Fuente: Microorganisms - Revista científica (MDPI) Microorganisms, Vol. 14, Pages 1075: Soil Microbial Dynamics in Regenerative Agriculture Systems: A Data-Driven Synthesis for Soil Health, Pest Suppression, and Yield Sustainability in the Western Canadian Prairies
Microorganisms doi: 10.3390/microorganisms14051075
Authors:
Susmita Das Nishu
M. Nazrul Islam

Regenerative agriculture (RA) is expanding across the Western Canadian Prairies, but its microbial foundations under climatic constraint remain insufficiently integrated. This review synthesizes evidence from long-term Prairie field experiments, regional and global datasets to evaluate how regenerative management reshapes soil biological processes and agronomic performance across systems.
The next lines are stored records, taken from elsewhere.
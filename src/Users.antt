-- ===== src/Users.antt =====
-- Users and login: src/modules/admin/user/service.rs with the handlers of
-- src/modules/admin/user/routes.rs, src/modules/auth/service.rs with the handler of
-- src/modules/auth/routes.rs, and `change_user_password`, `update_user_info` and
-- `save_user_avatar_into_database` of src/modules/user/service.rs. The hashing and verification of
-- passwords, the encoding of tokens, the check of an e-mail address and the test for a decimal digit
-- are parameters.
pub mod Admins
pub mod Login
use Prim.Native.Char.{Char, code}
use Prim.Native.String.{[] as empty_text, ◌∷◌ as text_cons}
use cqwu_achievement_system.Prelude.{
  ℕ, zero, suc, ◌+◌, String, Bool, true, false, not, ◌&&◌, Option, none, some, List, [], ◌∷◌, ◌++◌,
  str_eq, ◌==◌, leb, any, keep, if◌then◌else◌,
}
use cqwu_achievement_system.Effect.{
  Result, ok, err, Action, Fault, next_fault, later_faults, under, pure, raise, lift, ◌>>=◌, ◌>>◌,
}
use cqwu_achievement_system.Errors.{
  AppError, FieldErrors, user_already_exists, data_not_found, forbidden, unexpected_error,
  login_failed,
}
use cqwu_achievement_system.Access.{UserRole, admin_role, user_role}
use cqwu_achievement_system.Access.Guard.{Claims}
use cqwu_achievement_system.Templates.{coalesce_null}
use cqwu_achievement_system.Templates.Handlers.{
  text_length, within, if_given, field_errors, or_validation_error,
}

pub record User : Type 0 where
  pub user_id : String
  pub username : String
  pub nickname : String
  pub password_hash : String
  pub role : UserRole
  pub is_active : Bool
  pub email : Option String
  pub phone : Option String
  pub major : Option String
  pub college : Option String
  pub avatar_key : Option String
  pub created_at : ℕ

-- The table `sys_user` with the clock in seconds, the ids drawn and the faults of the statements.
pub record Accounts : Type 0 where
  pub users : List User
  pub now : ℕ
  pub drawn : ℕ
  pub faults : List Fault

abbrev pub Managed : Type 0 → Type 0
Managed A = Action Accounts AppError A

abbrev pub db_error : AppError
db_error = unexpected_error "database"

-- What a statement gives: a result or an error, and the table.
abbrev pub Statement : Type 0 → Type 0
Statement A = List User → Result AppError A × List User

abbrev pub run_on_table : {A : Type 0} → Statement A → Managed A
run_on_table run w = let (r, us) = run w.users in (r, record w { users = us })

unfoldable pub statement : {A : Type 0} → Statement A → Managed A
statement run w =
    under db_error (run_on_table run) (next_fault w.faults)
      (record w { faults = later_faults w.faults })

pub record RegisterUserRequest : Type 0 where
  pub username : String
  pub nickname : String
  pub password : String
  pub role : UserRole
  pub email : Option String
  pub phone : Option String
  pub major : Option String
  pub college : Option String

-- Nine digits and nothing after them.
unfoldable pub digits : (Char → Bool) → ℕ → String → Bool
digits is_digit zero empty_text = true
digits is_digit zero (text_cons c text) = false
digits is_digit (suc n) empty_text = false
digits is_digit (suc n) (text_cons c text) = is_digit c && digits is_digit n text

-- PHONE_NUMBER
abbrev pub is_phone : (Char → Bool) → String → Bool
is_phone is_digit (text_cons c (text_cons d text)) =
    (code c == b'1') && (leb b'3' (code d) && leb (code d) b'9') && digits is_digit 9 text
is_phone is_digit _ = false

unfoldable pub validate_register :
    (String → Bool) → (Char → Bool) → RegisterUserRequest → Result AppError Unit
unfolding text_length digits
validate_register is_email is_digit req = or_validation_error (
    field_errors "username" "用户名必须在3-50个字符之间" (within 3 50 req.username)
    ++ field_errors "nickname" "昵称必须在3-50个字符之间" (within 3 50 req.nickname)
    ++ field_errors "password" "密码必须在6-100个字符之间" (within 6 100 req.password)
    ++ field_errors "email" "邮箱格式不正确" (if_given is_email req.email)
    ++ field_errors "phone" "请提供合法的中国大陆手机号" (if_given (is_phone is_digit) req.phone)
    ++ field_errors "major" "专业名称不能超过50个字符" (if_given (within 0 50) req.major)
    ++ field_errors "college" "学院名称不能超过50个字符" (if_given (within 0 50) req.college))

-- `fetch_optional` on the user of a name
unfoldable pub user_named : String → List User → Option User
user_named name [] = none
user_named name (u ∷ us) = if str_eq u.username name then some u else user_named name us

abbrev pub has_id : String → List User → Bool
has_id id us = any (λ (u : User). str_eq u.user_id id) us

abbrev pub new_user : String → RegisterUserRequest → String → ℕ → User
new_user id req hash now = record {
  user_id = id;
  username = req.username;
  nickname = req.nickname;
  password_hash = hash;
  role = req.role;
  is_active = true;
  email = req.email;
  phone = req.phone;
  major = req.major;
  college = req.college;
  avatar_key = none;
  created_at = now;
}

abbrev pub added : Option User → Bool → User → Statement User
added (some v) taken u us = (err user_already_exists, us)
added none true u us = (err user_already_exists, us)
added none false u us = (ok u, u ∷ us)

-- INSERT INTO sys_user: neither the name nor the id is taken.
unfoldable pub insert_user : User → Statement User
unfolding user_named
insert_user u us = added (user_named u.username us) (has_id u.user_id us) u us

-- UPDATE sys_user ... WHERE user_id = id
unfoldable pub update_user : String → (User → User) → List User → List User
update_user id f [] = []
update_user id f (u ∷ us) = (if str_eq u.user_id id then f u else u) ∷ update_user id f us

-- An UPDATE of the user of an id; whether a row is affected
unfoldable pub update_by_id : String → (User → User) → Statement Bool
unfolding update_user
update_by_id id f us = (ok (has_id id us), update_user id f us)

-- DELETE FROM sys_user; whether a row is affected
unfoldable pub delete_by_id : String → Statement Bool
delete_by_id id us = (ok (has_id id us), keep (λ (u : User). not (str_eq u.user_id id)) us)

unfoldable pub store_user : (ℕ → String) → RegisterUserRequest → String → Managed User
unfolding statement insert_user
store_user uuid req hash w =
    statement (insert_user (new_user (uuid w.drawn) req hash w.now))
      (record w { drawn = suc w.drawn })

abbrev pub or_no_user : Bool → Managed Unit
or_no_user false = raise (data_not_found "用户不存在")
or_no_user true = pure tt

abbrev pub with_active : Bool → User → User
with_active b u = record u { is_active = b }

abbrev pub with_hash : String → User → User
with_hash hash u = record u { password_hash = hash }

unfoldable pub modify_user_status : String → Bool → Managed Unit
unfolding statement update_by_id
modify_user_status id is_active = statement (update_by_id id (with_active is_active)) >>= or_no_user

unfoldable pub admin_change_user_password : String → String → Managed Unit
unfolding statement update_by_id
admin_change_user_password id hash = statement (update_by_id id (with_hash hash)) >>= or_no_user

unfoldable pub delete_user : String → Managed Unit
unfolding statement delete_by_id
delete_user id = statement (delete_by_id id) >>= or_no_user

-- `hash_password` and `verify_password`; a hash is made with the next salt.
pub record Hashing : Type 0 where
  pub hash_password : ℕ → String → Result String String
  pub verify_password : String → String → Result String Unit

abbrev pub hashed : Result String String → Result AppError String
hashed (ok h) = ok h
hashed (err e) = err (unexpected_error e)

abbrev pub hash_next : Hashing → String → Managed String
hash_next hashing password w =
    (hashed (hashing.hash_password w.drawn password), record w { drawn = suc w.drawn })

unfoldable pub create_user_handler :
    Hashing → (String → Bool) → (Char → Bool) → (ℕ → String) → RegisterUserRequest → Managed User
unfolding validate_register store_user
create_user_handler hashing is_email is_digit uuid req = do
  lift (validate_register is_email is_digit req)
  hash ← hash_next hashing req.password
  store_user uuid req hash

-- The requests that change a user, by the user of the id `sub`
unfoldable pub modify_user_status_handler : String → String → Bool → Managed Unit
unfolding modify_user_status
modify_user_status_handler sub id is_active =
    if str_eq sub id then raise (forbidden "不能修改自己的用户状态") else modify_user_status id is_active

unfoldable pub admin_change_user_password_handler : Hashing → String → String → Managed Unit
unfolding admin_change_user_password text_length
admin_change_user_password_handler hashing id password = do
  lift
      (or_validation_error (field_errors "new_password" "新密码必须在6-100个字符之间" (within 6 100 password)))
  hash ← hash_next hashing password
  admin_change_user_password id hash

unfoldable pub admin_delete_user_handler : String → String → Managed Unit
unfolding delete_user
admin_delete_user_handler sub id =
    if str_eq sub id then raise (forbidden "不能删除自己的账户") else delete_user id

-- The statements of users about themselves, whose count of affected rows is not read
unfoldable pub change_user_password : Hashing → String → String → Managed Unit
unfolding statement update_by_id
change_user_password hashing id password = do
  hash ← hash_next hashing password
  statement (update_by_id id (with_hash hash))
  pure tt

abbrev pub with_info : Option String → Option String → User → User
with_info email phone u = record u {
  email = coalesce_null email u.email;
  phone = coalesce_null phone u.phone;
}

unfoldable pub update_user_info : String → Option String → Option String → Managed Unit
unfolding statement update_by_id
update_user_info id email phone = statement (update_by_id id (with_info email phone)) >> pure tt

abbrev pub with_avatar : String → User → User
with_avatar key u = record u { avatar_key = some key }

unfoldable pub save_user_avatar_into_database : String → String → Managed Unit
unfolding statement update_by_id
save_user_avatar_into_database id key = statement (update_by_id id (with_avatar key)) >> pure tt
RA practices including no-till, diversified rotations, cover cropping, and organic amendments consistently enhance microbial biomass (up to 40–86%), arbuscular mycorrhizal fungal abundance (32–60%), and microbial diversity (≈50%), alongside increases in soil organic carbon (up to 15.6 kg C ha−1 yr−1), aggregate stability (up to 38%), and water retention (up to 30–34%). These biologically mediated improvements are linked to enhanced nutrient cycling and crop nitrogen uptake (13–47%), as well as increased microbial enzymatic activity and functional gene abundance. Agronomically, these changes translate into yield gains ranging from 10% to 147% under long-term no-till and 14–38% under diversified rotations, with additional system-level benefits including reductions in synthetic nitrogen inputs (up to 73%) and herbicide use (up to 42%). While agronomic benefits vary across temporal scales and environmental conditions, this synthesis identifies microbial communities as key mediators of interactions among climate, plant, and soil systems, underpinning improvements in soil health, pest suppression, and yield stability in semi-arid, climate-variable Prairie agroecosystems. Continued long-term, system-level research is needed to refine regionally adapted regenerative transitions and to clarify how microbial processes mediate resilience under future climate uncertainty.